I’ve never noticed journaling, either freeform or in an LJ, making a difference in how I organize my fiction writing. Mostly what it does is provide me with an outlet for things that would otherwise intrude on the writing process, so I don’t end up sitting there staring at the first half of a sentence and worrying about how I did on the math quiz that morning instead of finishing it. This also kind of answers the question of why: otherwise I would be pacing my room, talking a blue streak to myself, at four in the morning, because the narration is all still sloshing around inside my head.

Not that I do not pace the room talking to myself at four in the morning. But after I’ve vented to a LiveJournal, it normally turns from griping to having conversations with myself, while I work out dialogue for imaginary people. :slight_smile:

If you go by what he explains journalling as… then I’ve had one for years. I just never called it that (it’s always just been my notebook).

I just write. Story or character ideas, anything that catches my eye/ear, lists, quotes, poems (though the last hasn’t been in awhile). My notebooks are a hodgepodge of many different things and I hardly leave home without a notebook in my bag.

One thing I found that minimizes hand cramps is to write with the pen held between the pointer and middle finger. I first saw this done by one of my uncles and was curious enough to try it. It can feel a bit weird at first, but my writing is just as legible and my hand doesn’t cramp up durig an esecially long note taking/journalling session.

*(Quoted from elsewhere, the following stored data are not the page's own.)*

-- ===== src/Composition/JobHead.antt =====
-- The head of a composition job and its parser (composition/compositionSchedulerJobHead.ts).
pub mod Validity
use flowdoc_vnext_backend.Common.{
  ℕ, ◌+◌, String, Bool, true, false, not, ◌&&◌, ◌||◌, Option, none, some, ltb, leb, ◌==◌, number_eq,
  text_eq, if◌then◌else◌,
}
use flowdoc_vnext_backend.Common.Text.{is_short, is_fingerprint, is_within_512}
use flowdoc_vnext_backend.PdfExport.Issue.{Time, Digest, fingerprint}
use flowdoc_vnext_backend.Composition.Core.{
  Manifest, ActiveRoot, Cursor, OpenPage, Demand, CompositionCore,
}
use flowdoc_vnext_backend.Composition.SourcePin.{
  ContentKind, ContentRef, page_plan, heading_page_map, kind_beq, in_range, ref_valid, Retention,
  SourcePin, max_retained_bytes, max_retained_records, max_attempts, max_safe,
}

pub data JobStatus : Type 0 where
  waiting_window ready_to_advance ready_to_finalize completed blocked cancelled expired : JobStatus

pub record Lease : Type 0 where
  pub attempt_id : String
  pub lease_token : String
  pub acquired_at : Time
  pub expires_at : Time

pub record Retry : Type 0 where
  pub attempt_count : ℕ
  pub retry_after : Option Time

pub record Blocker : Type 0 where
  pub code : String
  pub message : String
  pub path : String
  pub retryable : Bool
  pub recorded_at : Time

pub record OutputRefs : Type 0 where
  pub composition_fingerprint : String
  pub page_plan_ref : ContentRef
  pub heading_page_map_ref : ContentRef

pub record Chain : Type 0 where
  pub transition_receipt_tip : Option String
  pub closed_page_chunk_tip : Option String
  pub closed_page_prefix : Option String
  pub page_count : ℕ
  pub placement_count : ℕ
  pub heading_count : ℕ

pub record JobFacts : Type 0 where
  pub source : String
  pub schema_version : ℕ
  pub kind : String
  pub job_id : String
  pub head_revision : ℕ
  pub source_pin_fingerprint : String
  pub manifest_fingerprint : String
  pub status : JobStatus
  pub transition_number : ℕ
  pub cursor : Cursor
  pub open_page : Option OpenPage
  pub demand : Option Demand
  pub chain : Chain
  pub retention : Retention
  pub lease : Option Lease
  pub retry : Retry
  pub blocker : Option Blocker
  pub final_output : Option OutputRefs
  pub created_at : Time
  pub updated_at : Time
  pub expires_at : Time

pub record JobHead : Type 0 where
  pub facts : JobFacts
  pub open facts use *
  pub fingerprint : String

abbrev pub job_head_source : String
job_head_source = "flowdoc-backend-composition-job-head"

abbrev pub is_some {ℓ} : {A : Type ℓ} → Option A → Bool
is_some none = false
is_some (some _) = true

-- A test of what a nullable field holds; null passes it.
abbrev pub every {ℓ} : {A : Type ℓ} → (A → Bool) → Option A → Bool
every p none = true
every p (some a) = p a

abbrev pub same_bool : Bool → Bool → Bool
same_bool true b = b
same_bool false b = not b

-- `===` on nullable texts.
abbrev pub same_text : Option String → Option String → Bool
same_text none none = true
same_text (some s) (some t) = s == t
same_text _ _ = false

-- readLease
unfoldable pub lease_valid : Lease → Bool
lease_valid l = is_short l.attempt_id && is_short l.lease_token && ltb l.acquired_at l.expires_at

-- readRetry
unfoldable pub retry_valid : Retry → Bool
retry_valid r = in_range 0 max_attempts r.attempt_count

-- readRetention
unfoldable pub retention_valid : Retention → Bool
retention_valid r =
    in_range 2 max_retained_records r.record_count && in_range 1 max_retained_bytes r.byte_count

-- readBlocker
unfoldable pub blocker_valid : Blocker → Bool
blocker_valid b = is_short b.code && is_short b.message && is_within_512 b.path

-- readChain
unfoldable pub chain_valid : Chain → Bool
chain_valid c =
    every is_fingerprint c.transition_receipt_tip
    && every is_fingerprint c.closed_page_chunk_tip
    && every is_fingerprint c.closed_page_prefix
    && in_range 0 1_000_000 c.page_count
    && in_range 0 10_000_000 c.placement_count
    && in_range 0 10_000_000 c.heading_count
    && same_bool (c.page_count == 0) (not (is_some c.closed_page_chunk_tip))
    && same_bool (c.page_count == 0) (not (is_some c.closed_page_prefix))

-- A reference of the job, of the kind.
unfoldable pub own_ref : String → ContentKind → ContentRef → Bool
unfolding ref_valid
own_ref job k r = ref_valid r && r.job_id == job && kind_beq r.kind k

-- readFinalOutput
unfoldable pub output_valid : String → OutputRefs → Bool
unfolding own_ref
output_valid job o =
    is_fingerprint o.composition_fingerprint
    && own_ref job page_plan o.page_plan_ref
    && own_ref job heading_page_map o.heading_page_map_ref

-- validatedContext: whether it reports nothing.
unfoldable pub owners_match : SourcePin → Manifest → Bool
owners_match pin m =
    pin.document_id == m.document_id
    && pin.manifest_fingerprint == m.fingerprint
    && pin.resolved_projection_fingerprint == m.resolved_projection_fingerprint

-- The texts and the numbers that are read one by one.
unfoldable pub scalars_valid : JobFacts → Bool
scalars_valid f =
    f.source == job_head_source
    && f.schema_version == 1
    && f.kind == "composition-job-head"
    && is_short f.job_id
    && in_range 0 max_safe f.head_revision
    && is_fingerprint f.source_pin_fingerprint
    && is_fingerprint f.manifest_fingerprint
    && in_range 0 1_000_000 f.transition_number

-- The parts that are read after them.
unfoldable pub parts_valid : JobFacts → Bool
unfolding chain_valid retention_valid lease_valid retry_valid blocker_valid output_valid
parts_valid f =
    chain_valid f.chain
    && retention_valid f.retention
    && every lease_valid f.lease
    && retry_valid f.retry
    && every blocker_valid f.blocker
    && every (output_valid f.job_id) f.final_output

-- The head belongs to its source pin, and its cursor and demand to the manifest.
unfoldable pub owners_valid : SourcePin → Manifest → JobFacts → Bool
owners_valid pin m f =
    f.job_id == pin.job_id
    && f.source_pin_fingerprint == pin.fingerprint
    && f.manifest_fingerprint == pin.manifest_fingerprint
    && f.created_at == pin.created_at
    && f.expires_at == pin.expires_at
    && f.cursor.document_id == m.document_id
    && f.cursor.manifest_fingerprint == m.fingerprint
    && every
        (λ (d : Demand). d.document_id == m.document_id && d.manifest_fingerprint == m.fingerprint)
        f.demand

unfoldable pub chain_matches : JobFacts → Bool
chain_matches f =
    f.cursor.closed_prefix.page_count == f.chain.page_count
    && f.cursor.closed_prefix.placement_count == f.chain.placement_count
    && f.cursor.closed_prefix.heading_count == f.chain.heading_count
    && same_text f.cursor.closed_prefix.fingerprint f.chain.closed_page_prefix
    && same_bool (f.transition_number == 0) (not (is_some f.chain.transition_receipt_tip))

-- Whether a demand is for the active root.
unfoldable pub demand_matches : Option Demand → Option ActiveRoot → Bool
demand_matches (some d) (some r) =
    d.item_index == r.item_index
    && d.root_node_id == r.root_node_id
    && d.family == r.family
    && d.state_fingerprint == r.state_fingerprint
demand_matches _ _ = true

-- What the status asks of the cursor, the demand, the open page, the output and the lease.
unfoldable pub state_valid : JobStatus → JobFacts → Bool
unfolding demand_matches
state_valid waiting_window f =
    not f.cursor.complete
    && is_some f.demand
    && is_some f.cursor.active_root
    && not (is_some f.final_output)
    && demand_matches f.demand f.cursor.active_root
state_valid ready_to_advance f =
    not f.cursor.complete
    && not (is_some f.cursor.active_root)
    && not (is_some f.demand)
    && not (is_some f.final_output)
state_valid ready_to_finalize f =
    f.cursor.complete
    && not (is_some f.demand)
    && not (is_some f.open_page)
    && not (is_some f.final_output)
state_valid completed f =
    f.cursor.complete
    && not (is_some f.demand)
    && not (is_some f.open_page)
    && is_some f.final_output
    && not (is_some f.lease)
state_valid _ f = not (is_some f.demand) && not (is_some f.final_output) && not (is_some f.lease)

abbrev pub is_blocked : JobStatus → Bool
is_blocked blocked = true
is_blocked _ = false

unfoldable pub blocker_matches : JobStatus → Option Blocker → Bool
blocker_matches status none = not (is_blocked status)
blocker_matches status (some b) = is_blocked status || b.retryable

unfoldable pub limits_valid : SourcePin → JobFacts → Bool
limits_valid pin f =
    leb f.retry.attempt_count pin.execution_limits.maximum_attempt_count
    && leb (pin.source_snapshot_ref.byte_length + pin.manifest_ref.byte_length)
        f.retention.byte_count
    && leb f.retention.byte_count pin.execution_limits.maximum_retained_byte_count

unfoldable pub times_valid : JobFacts → Bool
times_valid f =
    leb f.created_at f.updated_at
    && leb f.updated_at f.expires_at
    && every (λ (l : Lease). leb f.updated_at l.acquired_at && leb l.expires_at f.expires_at)
        f.lease

-- What Core's parsers give for the cursor, the open page and the demand.
unfoldable pub with_state : JobFacts → Option (Cursor × Option OpenPage) → Option JobFacts
with_state f none = none
with_state f (some (c, o)) = some (record f { cursor = c; open_page = o })

unfoldable pub with_demand :
    Option JobFacts → Option Demand → (Demand → Option Demand) → Option JobFacts
with_demand none d parse = none
with_demand (some f) none parse = some f
with_demand (some f) (some d) parse = elim (parse d) [
  | none ↦ none
  | some e ↦ some (record f { demand = some e })
]

unfoldable pub all_valid : SourcePin → Manifest → JobFacts → Bool
unfolding owners_match scalars_valid parts_valid owners_valid chain_matches state_valid
    blocker_matches limits_valid times_valid
all_valid pin m f =
    owners_match pin m
    && scalars_valid f
    && parts_valid f
    && owners_valid pin m f
    && chain_matches f
    && state_valid f.status f
    && blocker_matches f.status f.blocker
    && limits_valid pin f
    && times_valid f

unfoldable pub checked : SourcePin → Manifest → Option JobFacts → Option JobFacts
unfolding all_valid
checked pin m none = none
checked pin m (some f) = if all_valid pin m f then some f else none

-- readJobHeadFacts, in a validated context.
unfoldable pub read_facts : CompositionCore → SourcePin → Manifest → JobFacts → Option JobFacts
unfolding with_state with_demand checked
read_facts core pin m f = checked pin m (
    with_demand (with_state f (core.parse_state m f.cursor f.open_page)) f.demand core.parse_demand)

module _ ⦃d : Digest JobFacts⦄ where
  unfoldable pub finalized : Option JobFacts → Option JobHead
  finalized none = none
  finalized (some f) = some (record { facts = f; fingerprint = fingerprint f })

  -- finalizeFlowDocBackendCompositionJobHeadWithValidatedContextV1
  unfoldable pub finalize_head : CompositionCore → SourcePin → Manifest → JobFacts → Option JobHead
  unfolding read_facts finalized
  finalize_head core pin m f = finalized (read_facts core pin m f)

  -- The comparison of the fingerprint that is made with the one that was read.
  unfoldable pub same_head : String → Option JobHead → Option JobHead
  same_head text none = none
  same_head text (some h) = if h.fingerprint == text then some h else none

  -- parseFlowDocBackendCompositionJobHeadWithValidatedContextV1
  unfoldable pub parse_head : CompositionCore → SourcePin → Manifest → JobHead → Option JobHead
  unfolding read_facts finalized same_head
  parse_head core pin m h =
      if is_fingerprint h.fingerprint
      then same_head h.fingerprint (finalized (read_facts core pin m h.facts))
      else none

Thanks for all the tips, everyone. I haven’t started my journal yet because I’m too busy with all kinds of other shit, but I already have a journal I plan to use (lined, but it was free, so I have to use it) and I hope to start carrying it around. I already do keep a notebook for my writing outlines and ideas, but I would like to keep that separate from my “personal” journal (I love compartmentalization), partially because I do show people my writing journal.

Mostly I just hope this will let me be more spontaneous. I’ve been too scrupulous about setting aside some times as “writing times” and then forcing myself to work on just one project, and while that systematic approach has worked in the past (really well) I’m getting blocked. I haven’t written anything in a month. So maybe this will break me out of the rut. Also it will get me away from the computer, which would be nice since every time I go on the computer I have to check my email and I keep getting flooded with that “other shit” I mentioned.

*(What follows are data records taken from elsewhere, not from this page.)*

-- ===== src/Composition/Transition.antt =====
-- Page chunks and transition receipts (composition/compositionSchedulerTransitionRecords.ts), each
-- with its parser in a validated context.
use flowdoc_vnext_backend.Common.{
  ℕ, ◌+◌, String, Bool, true, false, not, ◌&&◌, Option, none, some, List, [], ◌∷◌, ◌==◌, number_eq,
  text_eq, if◌then◌else◌,
}
use flowdoc_vnext_backend.Common.Text.{is_short, is_fingerprint}
use flowdoc_vnext_backend.PdfExport.Issue.{Time, Digest, fingerprint}
use flowdoc_vnext_backend.Composition.Core.{Manifest, ClosedPage, TransitionWork, CompositionCore}
use flowdoc_vnext_backend.Composition.SourcePin.{
  ContentRef, family_window, closed_page_chunk, in_range, SourcePin, max_safe,
}
use flowdoc_vnext_backend.Composition.JobHead.{is_some, every, same_bool, same_text, own_ref}

pub record ChunkFacts : Type 0 where
  pub source : String
  pub schema_version : ℕ
  pub kind : String
  pub job_id : String
  pub transition_number : ℕ
  pub manifest_fingerprint : String
  pub window_ref : Option ContentRef
  pub previous_chunk : Option String
  pub closed_prefix_before : Option String
  pub closed_prefix_after : String
  pub page_count_before : ℕ
  pub placement_count_before : ℕ
  pub heading_count_before : ℕ
  pub pages : List ClosedPage
  pub created_at : Time

pub record PageChunk : Type 0 where
  pub facts : ChunkFacts
  pub open facts use *
  pub fingerprint : String

pub data ReceiptStatus : Type 0 where
  partial complete : ReceiptStatus

pub data ReceiptReason : Type 0 where
  needs_family_window output_limit document_complete : ReceiptReason

pub record ReceiptFacts : Type 0 where
  pub source : String
  pub schema_version : ℕ
  pub kind : String
  pub job_id : String
  pub transition_number : ℕ
  pub transition_request_id : String
  pub request_fingerprint : String
  pub attempt_id : String
  pub head_revision_before : ℕ
  pub head_revision_after : ℕ
  pub manifest_fingerprint : String
  pub demand_before : Option String
  pub window_ref : Option ContentRef
  pub transition_fingerprint : String
  pub cursor_before : String
  pub cursor_after : String
  pub open_page_after : Option String
  pub demand_after : Option String
  pub page_chunk_ref : Option ContentRef
  pub previous_receipt : Option String
  pub status : ReceiptStatus
  pub reason : ReceiptReason
  pub work : TransitionWork
  pub created_at : Time

pub record Receipt : Type 0 where
  pub facts : ReceiptFacts
  pub open facts use *
  pub fingerprint : String

-- validatedOwners: whether it reports nothing.
unfoldable pub record_owners_match : SourcePin → Manifest → Bool
record_owners_match pin m =
    pin.manifest_fingerprint == m.fingerprint && pin.document_id == m.document_id

abbrev pub page_chunk_source : String
page_chunk_source = "flowdoc-backend-composition-page-chunk"

abbrev pub receipt_source : String
receipt_source = "flowdoc-backend-composition-transition-receipt"

abbrev pub count_all {ℓ} : {A : Type ℓ} → List A → ℕ
count_all [] = 0
count_all (x ∷ xs) = count_all xs + 1

abbrev pub count_true : List Bool → ℕ
count_true [] = 0
count_true (true ∷ xs) = count_true xs + 1
count_true (false ∷ xs) = count_true xs

-- Core's parser on each page; none where it refuses one.
unfoldable pub parse_pages : CompositionCore → List ClosedPage → Option (List ClosedPage)
parse_pages core [] = some []
parse_pages core (p ∷ ps) = elim (core.parse_page p) [
  | none ↦ none
  | some q ↦ elim (parse_pages core ps) [ none ↦ none | some qs ↦ some (q ∷ qs) ]
]

-- The counts and the prefix that the next page continues.
pub record Running : Type 0 where
  pub pages : ℕ
  pub placements : ℕ
  pub headings : ℕ
  pub prefix : Option String

unfoldable pub after_page : Running → ClosedPage → Running
after_page r p = record {
  pages = r.pages + 1;
  placements = r.placements + count_all p.placements;
  headings = r.headings + count_true p.placements;
  prefix = some p.prefix;
}

unfoldable pub page_continues : Running → ClosedPage → Bool
page_continues r p =
    p.page_index == r.pages
    && p.page_number == (r.pages + 1)
    && p.closed_page_count_before == r.pages
    && p.closed_placement_count_before == r.placements
    && p.closed_heading_count_before == r.headings
    && same_text p.previous_prefix r.prefix

-- Whether each page continues what is before it, and where the pages end.
unfoldable pub pages_continue : Running → List ClosedPage → Bool
unfolding after_page page_continues
pages_continue r [] = true
pages_continue r (p ∷ ps) = page_continues r p && pages_continue (after_page r p) ps

unfoldable pub after_pages : Running → List ClosedPage → Running
unfolding after_page
after_pages r [] = r
after_pages r (p ∷ ps) = after_pages (after_page r p) ps

abbrev pub before_chunk : ChunkFacts → Running
before_chunk f = record {
  pages = f.page_count_before;
  placements = f.placement_count_before;
  headings = f.heading_count_before;
  prefix = f.closed_prefix_before;
}

unfoldable pub chunk_scalars_valid : ChunkFacts → Bool
chunk_scalars_valid f =
    f.source == page_chunk_source
    && f.schema_version == 1
    && f.kind == "composition-closed-page-chunk"
    && is_short f.job_id
    && in_range 0 1_000_000 f.transition_number
    && is_fingerprint f.manifest_fingerprint
    && every is_fingerprint f.previous_chunk
    && every is_fingerprint f.closed_prefix_before
    && is_fingerprint f.closed_prefix_after
    && in_range 0 1_000_000 f.page_count_before
    && in_range 0 10_000_000 f.placement_count_before
    && in_range 0 10_000_000 f.heading_count_before
    && in_range 1 10_000 (count_all f.pages)

unfoldable pub chunk_bound : SourcePin → Manifest → ChunkFacts → Bool
unfolding own_ref
chunk_bound pin m f =
    f.job_id == pin.job_id
    && f.manifest_fingerprint == m.fingerprint
    && every (own_ref f.job_id family_window) f.window_ref
    && not (f.transition_number == 0 && is_some f.window_ref)
    && same_bool (f.page_count_before == 0) (not (is_some f.previous_chunk))
    && same_bool (f.page_count_before == 0) (not (is_some f.closed_prefix_before))

unfoldable pub chunk_chain_valid : ChunkFacts → Bool
unfolding pages_continue after_pages
chunk_chain_valid f =
    pages_continue (before_chunk f) f.pages
    && same_text (after_pages (before_chunk f) f.pages).prefix (some f.closed_prefix_after)

unfoldable pub chunk_checked :
    SourcePin → Manifest → ChunkFacts → Option (List ClosedPage) → Option ChunkFacts
unfolding record_owners_match chunk_scalars_valid chunk_bound chunk_chain_valid
chunk_checked pin m f none = none
chunk_checked pin m f (some pages) =
    let g = record f { pages = pages } in
    if record_owners_match pin m
      && chunk_scalars_valid g
      && chunk_bound pin m g
      && chunk_chain_valid g
    then some g
    else none

-- readPageChunkFacts, in a validated context.
unfoldable pub read_chunk : CompositionCore → SourcePin → Manifest → ChunkFacts → Option ChunkFacts
unfolding parse_pages chunk_checked
read_chunk core pin m f = chunk_checked pin m f (parse_pages core f.pages)

module _ ⦃d : Digest ChunkFacts⦄ where
  unfoldable pub finalized_chunk : Option ChunkFacts → Option PageChunk
  finalized_chunk none = none
  finalized_chunk (some f) = some (record { facts = f; fingerprint = fingerprint f })

  -- finalizeFlowDocBackendCompositionPageChunkWithValidatedOwnersV1
  unfoldable pub finalize_chunk :
      CompositionCore → SourcePin → Manifest → ChunkFacts → Option PageChunk
  unfolding read_chunk finalized_chunk
  finalize_chunk core pin m f = finalized_chunk (read_chunk core pin m f)

  unfoldable pub same_chunk : String → Option PageChunk → Option PageChunk
  same_chunk text none = none
  same_chunk text (some c) = if c.fingerprint == text then some c else none

  -- parseFlowDocBackendCompositionPageChunkWithValidatedOwnersV1
  unfoldable pub parse_chunk : CompositionCore → SourcePin → Manifest → PageChunk → Option PageChunk
  unfolding finalize_chunk same_chunk
  parse_chunk core pin m c =
      if is_fingerprint c.fingerprint
      then same_chunk c.fingerprint (finalize_chunk core pin m c.facts)
      else none

abbrev pub is_complete : ReceiptStatus → Bool
is_complete complete = true
is_complete partial = false

abbrev pub is_document_complete : ReceiptReason → Bool
is_document_complete document_complete = true
is_document_complete _ = false

abbrev pub needs_window : ReceiptReason → Bool
needs_window needs_family_window = true
needs_window _ = false

-- readWork, on a value with all of the counts.
unfoldable pub work_valid : TransitionWork → Bool
work_valid w =
    in_range 0 10_000_000 w.window_count
    && in_range 0 10_000_000 w.family_page_count
    && in_range 0 10_000_000 w.closed_page_count
    && in_range 0 10_000_000 w.placement_count
    && in_range 0 10_000_000 w.body_item_completion_count
    && in_range 0 10_000_000 w.page_advance_count
    && in_range 0 10_000_000 w.cursor_commit_count

unfoldable pub receipt_scalars_valid : ReceiptFacts → Bool
unfolding work_valid
receipt_scalars_valid f =
    f.source == receipt_source
    && f.schema_version == 1
    && f.kind == "composition-transition-receipt"
    && is_short f.job_id
    && in_range 1 1_000_000 f.transition_number
    && is_short f.transition_request_id
    && is_fingerprint f.request_fingerprint
    && is_short f.attempt_id
    && in_range 0 max_safe f.head_revision_before
    && in_range 1 max_safe f.head_revision_after
    && is_fingerprint f.manifest_fingerprint
    && every is_fingerprint f.demand_before
    && is_fingerprint f.transition_fingerprint
    && is_fingerprint f.cursor_before
    && is_fingerprint f.cursor_after
    && every is_fingerprint f.open_page_after
    && every is_fingerprint f.demand_after
    && every is_fingerprint f.previous_receipt
    && work_valid f.work

unfoldable pub receipt_bound : SourcePin → Manifest → ReceiptFacts → Bool
unfolding own_ref
receipt_bound pin m f =
    f.job_id == pin.job_id
    && f.manifest_fingerprint == m.fingerprint
    && f.head_revision_after == (f.head_revision_before + 1)
    && same_bool (f.transition_number == 1) (not (is_some f.previous_receipt))
    && same_bool (is_some f.demand_before) (is_some f.window_ref)
    && every (own_ref f.job_id family_window) f.window_ref
    && every (own_ref f.job_id closed_page_chunk) f.page_chunk_ref
    && same_bool (f.work.closed_page_count == 0) (not (is_some f.page_chunk_ref))
    && same_bool (is_complete f.status) (is_document_complete f.reason)
    && same_bool (needs_window f.reason) (is_some f.demand_after)

-- readReceiptFacts, in a validated context.
unfoldable pub read_receipt : SourcePin → Manifest → ReceiptFacts → Option ReceiptFacts
unfolding record_owners_match receipt_scalars_valid receipt_bound
read_receipt pin m f =
    if record_owners_match pin m && receipt_scalars_valid f && receipt_bound pin m f
    then some f
    else none

module _ ⦃d : Digest ReceiptFacts⦄ where
  unfoldable pub finalized_receipt : Option ReceiptFacts → Option Receipt
  finalized_receipt none = none
  finalized_receipt (some f) = some (record { facts = f; fingerprint = fingerprint f })

  -- finalizeFlowDocBackendCompositionTransitionReceiptWithValidatedOwnersV1
  unfoldable pub finalize_receipt : SourcePin → Manifest → ReceiptFacts → Option Receipt
  unfolding read_receipt finalized_receipt
  finalize_receipt pin m f = finalized_receipt (read_receipt pin m f)

  unfoldable pub same_receipt : String → Option Receipt → Option Receipt
  same_receipt text none = none
  same_receipt text (some r) = if r.fingerprint == text then some r else none

  -- parseFlowDocBackendCompositionTransitionReceiptWithValidatedOwnersV1
  unfoldable pub parse_receipt : SourcePin → Manifest → Receipt → Option Receipt
  unfolding finalize_receipt same_receipt
  parse_receipt pin m r =
      if is_fingerprint r.fingerprint
      then same_receipt r.fingerprint (finalize_receipt pin m r.facts)
      else none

Me too! Which is why I used to vent to my Livejournal. But now too many people know me on there IRL, and I’ve even gotten queries as to “why did your journal say you updated and I can’t read it?” People are paranoid. I think I liked it better when I didn’t know anyone and could be as free as I wanted on LJ. My old LJ was stuffed with those late-night monologues that kept me up, several of which were actually somewhat well-written. Kind of wish I hadn’t deleted it.

I have what I guess would be a journal, but I don’t call it that. It’s just a nice hard-bound plain-paper notebook I got at a bookstore some years back. I put thoughts, quotes, rants, and things like that in there, as well as pictures I think are cool, stories I write, story ideas…it’s pretty free-form. If I held myself to keeping an actual physical journal, I think I’d freak out, too.

As for the LJ thing, I have two - my public LJ, which is where I put silly little daily happenings, quizzes, and stuff to share with my friends, and my private blog hosted on my own server that no one knows about to bitch about things I don’t want other people to see. I’m sure they could get past my password encryption, but the people who would bother aren’t people I care about anyway.